A new approach to polynitration could make the manufacture of explosives a greener process.

Aromatic nitration is a nightmare reaction in terms of its environmental credentials. It is a key procedure in research and industrial chemistry. But the standard methods carry with them a high penalty in terms of the large volumes of strong acid needed and the equally large volumes of waste products formed. Innovative solid catalysts and the use of dinitrogen pentoxide have helped clean up the manufacturing process but there are still problems when it comes to polynitration for explosives production.

Now, Michael Crampton, and colleagues Emma Cropper, Linda Gibbons and Ross Millar of the University of Durham with support from the Corporate Research Portfolio of the Defence Evaluation and Research Agency (DERA) have taken the bold step of using perfluorocarbons in polynitration in order to improve the reactions’ environmental profile.
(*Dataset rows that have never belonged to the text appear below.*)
-- ===== src/Packet/RoundTrip.antt =====
-- What the server writes with `encode_publish` is what `decode_publish` reads.
use lightapr.Prelude.{
  ℕ, suc, ◌+◌, ◌-◌, ◌*◌, ◌/◌, ◌%◌, ◌≤◌, ◌<◌, ◌≡◌, refl, ap, ◌∙◌, [], ◌∷◌, ◌++◌, length,
  length-append, drop-append, arith, Bool, true, false, ltb, if◌then◌else◌, append_assoc,
}
use lightapr.Prelude.Text.{Text}
use lightapr.Packet.{
  encode_publish, decode_publish, decode_header, publish_body, optional_u16, u16_bytes,
  write_string, encode_remaining_length, peek, slice,
}
use lightapr.Packet.Reading.{ok}
use lightapr.Packet.Length.{decode-encode, length-encode_pos}
use lightapr.Packet.Reads.{
  At, At-advance, slice-At, read_u16-At, read_string-write_string, length-write_string,
}

-- A packet of one header byte, its remaining length and a body: the decoders find the body.
pub decode_header-packet :
    (b : ℕ) (body rest : Text)
    → length body < 2097152
    → decode_header (b ∷ (encode_remaining_length (length body) ++ (body ++ rest)))
      ≡ ok (length body, 1 + length (encode_remaining_length (length body)))
unfolding decode_header
decode_header-packet b body rest h =
    let e = decode-encode (length body) (body ++ rest) h in
    ground (
      arith,
      e,
      length-encode_pos (length body),
      length-append (encode_remaining_length (length body)) (body ++ rest),
      length-append body rest,
    )

pub body-At :
    (b : ℕ) (body rest : Text)
    → At
        (b ∷ (encode_remaining_length (length body) ++ (body ++ rest)))
        (1 + length (encode_remaining_length (length body)))
        (body ++ rest)
body-At b body rest =
    let len = encode_remaining_length (length body) in
    let e : 1 + length len ≡ suc (length len) = omega arith in rw e (drop-append len (body ++ rest))

length-optional :
    (b : Bool) (id : ℕ) → length (if b then u16_bytes id else []) ≡ (if b then 2 else 0)
length-optional true id = refl
length-optional false id = refl

length-publish_body :
    (topic payload : Text) (qos id : ℕ)
    → length (publish_body topic payload qos id)
      ≡ 2 + length topic + ((if ltb 0 qos then 2 else 0) + length payload)
unfolding publish_body
length-publish_body topic payload qos id =
    let id_bytes : Text = if ltb 0 qos then u16_bytes id else [] in
    rw (
      length-append (write_string topic) (id_bytes ++ payload),
      length-write_string topic,
      length-append id_bytes payload,
      length-optional (ltb 0 qos) id,
    )

optional_u16-At :
    (src rest : Text) (offset : ℕ) (b : Bool) (id : ℕ)
    → id < 65536
    → At src offset ((if b then u16_bytes id else []) ++ rest)
    → optional_u16 b src offset ≡ ok (if b then id else 0, offset + (if b then 2 else 0))
unfolding optional_u16
optional_u16-At src rest offset false id lt h =
    let e : offset + 0 ≡ offset = omega arith in rw e refl
optional_u16-At src rest offset true id lt h = read_u16-At src rest offset id lt h

module _ (topic payload rest : Text) (qos id : ℕ) (q : qos < 4) (i : id < 65536)
    (t : length topic < 65536) (fits : length (publish_body topic payload qos id) < 2097152) where
  body : Text
  body = publish_body topic payload qos id

  src : Text
  src = (48 + qos % 4 * 2) ∷ (encode_remaining_length (length body) ++ (body ++ rest))

  start : ℕ
  start = 1 + length (encode_remaining_length (length body))

  id_bytes : Text
  id_bytes = if ltb 0 qos then u16_bytes id else []

  body_split : body ++ rest ≡ write_string topic ++ (id_bytes ++ (payload ++ rest))
  unfolding body id_bytes publish_body
  body_split =
      append_assoc (write_string topic) ((if ltb 0 qos then u16_bytes id else []) ++ payload) rest
      ∙ ap (λ (t : Text). write_string topic ++ t)
          (append_assoc (if ltb 0 qos then u16_bytes id else []) payload rest)

  topic-At : At src start (write_string topic ++ (id_bytes ++ (payload ++ rest)))
  unfolding src start
  topic-At = body-At (48 + qos % 4 * 2) body rest ∙ body_split

  id-At : At src (start + 2 + length topic) (id_bytes ++ (payload ++ rest))
  id-At =
      let e : start + length (write_string topic) ≡ start + 2 + length topic =
        omega (arith, length-write_string topic) in
      rw e at (At-advance src (write_string topic) (id_bytes ++ (payload ++ rest)) start topic-At)

  abbrev payload_start : ℕ
  payload_start = start + 2 + length topic + (if ltb 0 qos then 2 else 0)

  payload-At : At src payload_start (payload ++ rest)
  unfolding id_bytes
  payload-At =
      rw (length-optional (ltb 0 qos) id) at
        (At-advance src id_bytes (payload ++ rest) (start + 2 + length topic) id-At)

  length-src : start + length body ≤ length src
  unfolding src start
  length-src = omega (
    arith,
    length-append (encode_remaining_length (length body)) (body ++ rest),
    length-append body rest,
  )

  end-start : start + length body ≡ payload_start + length payload
  unfolding body
  end-start = omega (arith, length-publish_body topic payload qos id)

  header_eq : decode_header src ≡ ok (length body, start)
  unfolding src start body
  header_eq = decode_header-packet (48 + qos % 4 * 2) body rest fits

  first_eq : peek src 0 ≡ ok (48 + qos % 4 * 2)
  unfolding src peek
  first_eq = refl

  decode_src :
      decode_publish src
      ≡ ok (record {
        topic = topic;
        payload = payload;
        packet_id = if ltb 0 qos then id else 0;
        qos = qos;
        retain = false;
      })
  unfolding decode_publish id_bytes
  decode_src =
      rw
        (
          header_eq,
          first_eq,
          read_string-write_string src topic _ start t topic-At,
          qos_eq,
          optional_u16-At src (payload ++ rest) (start + 2 + length topic) (ltb 0 qos) id i id-At,
          guard_eq,
          end_eq,
          slice_eq,
          retain_eq,
        )
        refl
    where
      qos_eq : (48 + qos % 4 * 2) / 2 % 4 ≡ qos
      qos_eq = omega arith

      retain_eq : (48 + qos % 4 * 2) % 2 ≡ 0
      retain_eq = omega arith

      guard_eq : ltb (start + length body) payload_start ≡ false
      guard_eq = ground (arith, end-start)

      end_eq : start + length body - payload_start ≡ length payload
      end_eq = omega (arith, end-start)

      slice_eq : slice src payload_start (length payload) ≡ ok payload
      slice_eq =
          slice-At src payload rest payload_start payload-At (omega (arith, length-src, end-start))

-- A PUBLISH that `encode_publish` wrote, with any bytes behind it, is decoded to its topic, payload,
-- QoS and packet id, if the topic fits its 16-bit length, the packet id 16 bits, the QoS two bits
-- and the body the three length bytes that the decoder takes. What follows the packet is ignored.
pub decode_publish-encode_publish :
    (topic payload rest : Text) (qos id : ℕ)
    → qos < 4
    → id < 65536
    → length topic < 65536
    → length topic + length payload + 4 < 2097152
    → decode_publish (encode_publish topic payload qos id ++ rest)
      ≡ ok (record {
        topic = topic;
        payload = payload;
        packet_id = if ltb 0 qos then id else 0;
        qos = qos;
        retain = false;
      })
unfolding encode_publish
decode_publish-encode_publish topic payload rest qos id q i t fits =
    rw (append_assoc (encode_remaining_length (length packet_body)) packet_body rest)
      (unfold src body in decode_src topic payload rest qos id q i t small)
  where
    packet_body : Text
    packet_body = publish_body topic payload qos id

    small : length packet_body < 2097152
    small = ground (arith, length-publish_body topic payload qos id)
They have obtained very good yields of polynitroaromatics using much smaller quantities of hazardous mineral acids than are currently employed. Moreover, the perfluorocarbons can readily be recycled, so greatly reducing waste.

According to Crampton and his team, the perfluorocarbons act as both solvent and as bulking agents in the reactions of various aromatic compounds including toluene, benzene, phenol, benzyl chloride and chlorobenzene. Either nitric acid or dinitrogen pentoxide can be used to generate highly nitrated products but without the need for the large quantities required in the conventional scheme. The researchers point out that the reactions can be carried out in just one step and at lower temperature.

Crampton is quick to point out that perfluorocarbons are not ozone depleters like their chloro cousins and are chemically inert and immiscible with most organic solvents and aqueous media, so endowing them with facile recyclability once the reaction is over. Indeed, the team found that straight recycling without further purification gave the same effective results on the second pass. For instance, they were able to produce trinitrotoluene (TNT) at 70 °C with five equivalents of nitric and sulfuric acid. Products are quickly separated out using water.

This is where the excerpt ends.